**What to produce**
The entries that follow need to be returned without any alteration.

-- Extracted records follows --

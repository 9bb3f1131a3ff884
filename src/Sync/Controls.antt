-- ===== src/Sync/Controls.antt =====
-- mcp_sync_server/registry/control.rs: the user disconnects a connection from all sessions, and a
-- session fetches its disconnect commands. The channels on which `force_disconnect` waits are the runtime's: a `Reply` names the commands whose waiters it wakes.
use astesia.Base.{
  ℕ, ◌+◌, String, str_eq, Bool, true, false, ◌&&◌, ◌||◌, ◌==◌, Option, none, some, List, [], ◌∷◌,
  ◌++◌, is_some, if◌then◌else◌,
}
use astesia.Base.Table.{nat_key, Table, get, insert, remove, update}
use astesia.Sync.{
  Uuid, SessionKey, session_key_key, ownership_key_key, OwnershipKey, same_owner, session_key,
  disconnecting, is_connected, RegistryEntry, McpControlCommand, QueuedControl, McpSyncContext,
  McpSyncResponse,
}
use astesia.Sync.Tombstones.{contains}
use astesia.Sync.Registry.{RegistryState, saturating_succ, success, failure}

-- The owners of a connection, each with its generation and whether it was connected.
unfoldable pub owners_of {ℓ} :
    {R : Type 0} {B : Type ℓ}
    → (OwnershipKey → RegistryEntry R → B)
    → String
    → Table OwnershipKey (RegistryEntry R)
    → List B
owners_of found connection_id [] = []
owners_of found connection_id ((key, entry) ∷ m) =
    let rest = owners_of found connection_id m in
    if str_eq key.connection_id connection_id then found key entry ∷ rest else rest

-- The queued command for an owner and a generation, if there is one.
unfoldable pub existing_command :
    OwnershipKey → ℕ → Table Uuid QueuedControl → Option McpControlCommand
existing_command owner generation [] = none
existing_command owner generation ((_, queued) ∷ m) =
    let rest = existing_command owner generation m in
    if same_owner queued.owner owner && (queued.command.generation == generation)
    then some queued.command
    else rest

abbrev queue_of : Option (List Uuid) → List Uuid
queue_of none = []
queue_of (some queue) = queue

-- The loop over a session's queue: commands that are gone are dropped from its front.
unfoldable pub next_in_queue :
    Table Uuid QueuedControl → List Uuid → List Uuid × Option McpControlCommand
next_in_queue controls [] = ([], none)
next_in_queue controls (command_id ∷ queue) = elim (get command_id controls) [
  | some control ↦ (command_id ∷ queue, some control.command)
  | none ↦ next_in_queue controls queue
]

module _ {R : Type 0} where
  -- A command that is not queued yet is queued, last for its session.
  unfoldable pub enqueue :
      OwnershipKey → McpControlCommand → Bool → RegistryState R → RegistryState R
  unfolding session_key
  enqueue owner command was_connected s =
      let session = session_key owner in
      if is_some (get command.command_id s.controls) then s else record s {
        controls =
            insert command.command_id
              (record { owner = owner; command = command; was_connected = was_connected })
              s.controls;
        control_queues =
            insert session (queue_of (get session s.control_queues) ++ command.command_id ∷ [])
              s.control_queues;
      }

  unfoldable pub mark_disconnecting : OwnershipKey → Bool → RegistryState R → RegistryState R
  mark_disconnecting owner was_connected s = elim (get owner s.entries) [
    | none ↦ s
    | some entry ↦ record s {
      entries =
          update owner (record entry { phase = disconnecting was_connected; last_error = none })
            s.entries;
    }
  ]

  -- One owner of `force_disconnect`; `new_id` is the UUID of a command that must be made.
  unfoldable pub request_disconnect :
      Uuid → OwnershipKey → ℕ → Bool → RegistryState R → RegistryState R × Uuid
  unfolding existing_command enqueue mark_disconnecting
  request_disconnect new_id owner generation was_connected s =
      let command : McpControlCommand = elim (existing_command owner generation s.controls) [
        | some command ↦ command
        | none ↦ record {
          command_id = new_id;
          connection_id = owner.connection_id;
          generation = generation;
        }
      ] in
      (
        mark_disconnecting owner was_connected (enqueue owner command was_connected s),
        command.command_id,
      )

  unfoldable pub request_each :
      (ℕ → Uuid)
      → ℕ
      → List (OwnershipKey × ℕ × Bool)
      → RegistryState R
      → RegistryState R × List Uuid
  unfolding request_disconnect
  request_each new_ids n [] s = (s, [])
  request_each new_ids n ((owner, generation, was_connected) ∷ owners) s =
      let (t, id) = request_disconnect (new_ids n) owner generation was_connected s in
      let (u, ids) = request_each new_ids (n + 1) owners t in (u, id ∷ ids)

  -- `force_disconnect` up to the wait: the state and the commands to wait for, or nothing to do.
  unfoldable pub begin_force_disconnect :
      (ℕ → Uuid) → String → RegistryState R → Option (RegistryState R × List Uuid)
  unfolding owners_of is_connected request_each
  begin_force_disconnect new_ids connection_id s =
      let owners =
        owners_of (λ key entry. (key, entry.generation, is_connected entry.phase)) connection_id
          s.entries in
      let (t, ids) = request_each new_ids 0 owners s in
      elim owners [ [] ↦ none | _ ↦ some (record t { revision = saturating_succ t.revision }, ids) ]

  -- What `force_disconnect` writes once the wait ended with errors, and whether it wrote anything.
  unfoldable pub record_errors : String → List Uuid → RegistryState R → RegistryState R × Bool
  record_errors errors [] s = (s, false)
  record_errors errors (command_id ∷ ids) s = elim (get command_id s.controls) [
    | none ↦ record_errors errors ids s
    | some queued ↦ elim (get queued.owner s.entries) [
      | none ↦ record_errors errors ids s
      | some entry ↦
          let (t, _) = record_errors errors ids (record s {
            entries = update queued.owner (record entry { last_error = some errors }) s.entries;
          }) in
          let rest = record_errors errors ids s in
          if entry.generation == queued.command.generation then (t, true) else rest
    ]
  ]

  unfoldable pub next_control_for_session :
      SessionKey → RegistryState R → RegistryState R × Option McpControlCommand
  unfolding next_in_queue
  next_control_for_session session s = elim (get session s.control_queues) [
    | none ↦ (s, none)
    | some queue ↦
        let (rest, found) = next_in_queue s.controls queue in
        (
          record s {
            control_queues = elim found [
              | none ↦ remove session s.control_queues
              | some _ ↦ update session rest s.control_queues
            ];
          },
          found,
        )
  ]

  -- One round of `poll_control`: an answer, or the wait for a wake-up.
  unfoldable pub poll_control :
      McpSyncContext → RegistryState R → RegistryState R × Option McpSyncResponse
  unfolding next_control_for_session success failure
  poll_control context s =
      let session : SessionKey = (context.service_id, context.session_id) in
      let (t, control) = next_control_for_session session s in
      if contains context.service_id s.closed_services.entries
        || contains session s.closed_sessions.entries
      then (s, some (failure "MCP session is closed"))
      else elim control [
        | none ↦ (t, none)
        | some command ↦ (t, some (success none (some command)))
      ]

-- Extracted records concluded --

**Response**
repository 9bb3f1131a3ff884
filename src/Sync/Controls.antt
-- ===== src/Sync/Controls.antt =====
-- mcp_sync_server/registry/control.rs: the user disconnects a connection from all sessions, and a
-- session fetches its disconnect commands. The channels on which `force_disconnect` waits are the runtime's: a `Reply` names the commands whose waiters it wakes.
use astesia.Base.{
  ℕ, ◌+◌, String, str_eq, Bool, true, false, ◌&&◌, ◌||◌, ◌==◌, Option, none, some, List, [], ◌∷◌,
  ◌++◌, is_some, if◌then◌else◌,
}
use astesia.Base.Table.{nat_key, Table, get, insert, remove, update}
use astesia.Sync.{
  Uuid, SessionKey, session_key_key, ownership_key_key, OwnershipKey, same_owner, session_key,
  disconnecting, is_connected, RegistryEntry, McpControlCommand, QueuedControl, McpSyncContext,
  McpSyncResponse,
}
use astesia.Sync.Tombstones.{contains}
use astesia.Sync.Registry.{RegistryState, saturating_succ, success, failure}

-- The owners of a connection, each with its generation and whether it was connected.
unfoldable pub owners_of {ℓ} :
    {R : Type 0} {B : Type ℓ}
    → (OwnershipKey → RegistryEntry R → B)
    → String
    → Table OwnershipKey (RegistryEntry R)
    → List B
owners_of found connection_id [] = []
owners_of found connection_id ((key, entry) ∷ m) =
    let rest = owners_of found connection_id m in
    if str_eq key.connection_id connection_id then found key entry ∷ rest else rest

-- The queued command for an owner and a generation, if there is one.
unfoldable pub existing_command :
    OwnershipKey → ℕ → Table Uuid QueuedControl → Option McpControlCommand
existing_command owner generation [] = none
existing_command owner generation ((_, queued) ∷ m) =
    let rest = existing_command owner generation m in
    if same_owner queued.owner owner && (queued.command.generation == generation)
    then some queued.command
    else rest

abbrev queue_of : Option (List Uuid) → List Uuid
queue_of none = []
queue_of (some queue) = queue

-- The loop over a session's queue: commands that are gone are dropped from its front.
unfoldable pub next_in_queue :
    Table Uuid QueuedControl → List Uuid → List Uuid × Option McpControlCommand
next_in_queue controls [] = ([], none)
next_in_queue controls (command_id ∷ queue) = elim (get command_id controls) [
  | some control ↦ (command_id ∷ queue, some control.command)
  | none ↦ next_in_queue controls queue
]

module _ {R : Type 0} where
  -- A command that is not queued yet is queued, last for its session.
  unfoldable pub enqueue :
      OwnershipKey → McpControlCommand → Bool → RegistryState R → RegistryState R
  unfolding session_key
  enqueue owner command was_connected s =
      let session = session_key owner in
      if is_some (get command.command_id s.controls) then s else record s {
        controls =
            insert command.command_id
              (record { owner = owner; command = command; was_connected = was_connected })
              s.controls;
        control_queues =
            insert session (queue_of (get session s.control_queues) ++ command.command_id ∷ [])
              s.control_queues;
      }

  unfoldable pub mark_disconnecting : OwnershipKey → Bool → RegistryState R → RegistryState R
  mark_disconnecting owner was_connected s = elim (get owner s.entries) [
    | none ↦ s
    | some entry ↦ record s {
      entries =
          update owner (record entry { phase = disconnecting was_connected; last_error = none })
            s.entries;
    }
  ]

  -- One owner of `force_disconnect`; `new_id` is the UUID of a command that must be made.
  unfoldable pub request_disconnect :
      Uuid → OwnershipKey → ℕ → Bool → RegistryState R → RegistryState R × Uuid
  unfolding existing_command enqueue mark_disconnecting
  request_disconnect new_id owner generation was_connected s =
      let command : McpControlCommand = elim (existing_command owner generation s.controls) [
        | some command ↦ command
        | none ↦ record {
          command_id = new_id;
          connection_id = owner.connection_id;
          generation = generation;
        }
      ] in
      (
        mark_disconnecting owner was_connected (enqueue owner command was_connected s),
        command.command_id,
      )

  unfoldable pub request_each :
      (ℕ → Uuid)
      → ℕ
      → List (OwnershipKey × ℕ × Bool)
      → RegistryState R
      → RegistryState R × List Uuid
  unfolding request_disconnect
  request_each new_ids n [] s = (s, [])
  request_each new_ids n ((owner, generation, was_connected) ∷ owners) s =
      let (t, id) = request_disconnect (new_ids n) owner generation was_connected s in
      let (u, ids) = request_each new_ids (n + 1) owners t in (u, id ∷ ids)

  -- `force_disconnect` up to the wait: the state and the commands to wait for, or nothing to do.
  unfoldable pub begin_force_disconnect :
      (ℕ → Uuid) → String → RegistryState R → Option (RegistryState R × List Uuid)
  unfolding owners_of is_connected request_each
  begin_force_disconnect new_ids connection_id s =
      let owners =
        owners_of (λ key entry. (key, entry.generation, is_connected entry.phase)) connection_id
          s.entries in
      let (t, ids) = request_each new_ids 0 owners s in
      elim owners [ [] ↦ none | _ ↦ some (record t { revision = saturating_succ t.revision }, ids) ]

  -- What `force_disconnect` writes once the wait ended with errors, and whether it wrote anything.
  unfoldable pub record_errors : String → List Uuid → RegistryState R → RegistryState R × Bool
  record_errors errors [] s = (s, false)
  record_errors errors (command_id ∷ ids) s = elim (get command_id s.controls) [
    | none ↦ record_errors errors ids s
    | some queued ↦ elim (get queued.owner s.entries) [
      | none ↦ record_errors errors ids s
      | some entry ↦
          let (t, _) = record_errors errors ids (record s {
            entries = update queued.owner (record entry { last_error = some errors }) s.entries;
          }) in
          let rest = record_errors errors ids s in
          if entry.generation == queued.command.generation then (t, true) else rest
    ]
  ]

  unfoldable pub next_control_for_session :
      SessionKey → RegistryState R → RegistryState R × Option McpControlCommand
  unfolding next_in_queue
  next_control_for_session session s = elim (get session s.control_queues) [
    | none ↦ (s, none)
    | some queue ↦
        let (rest, found) = next_in_queue s.controls queue in
        (
          record s {
            control_queues = elim found [
              | none ↦ remove session s.control_queues
              | some _ ↦ update session rest s.control_queues
            ];
          },
          found,
        )
  ]

  -- One round of `poll_control`: an answer, or the wait for a wake-up.
  unfoldable pub poll_control :
      McpSyncContext → RegistryState R → RegistryState R × Option McpSyncResponse
  unfolding next_control_for_session success failure
  poll_control context s =
      let session : SessionKey = (context.service_id, context.session_id) in
      let (t, control) = next_control_for_session session s in
      if contains context.service_id s.closed_services.entries
        || contains session s.closed_sessions.entries
      then (s, some (failure "MCP session is closed"))
      else elim control [
        | none ↦ (t, none)
        | some command ↦ (t, some (success none (some command)))
      ]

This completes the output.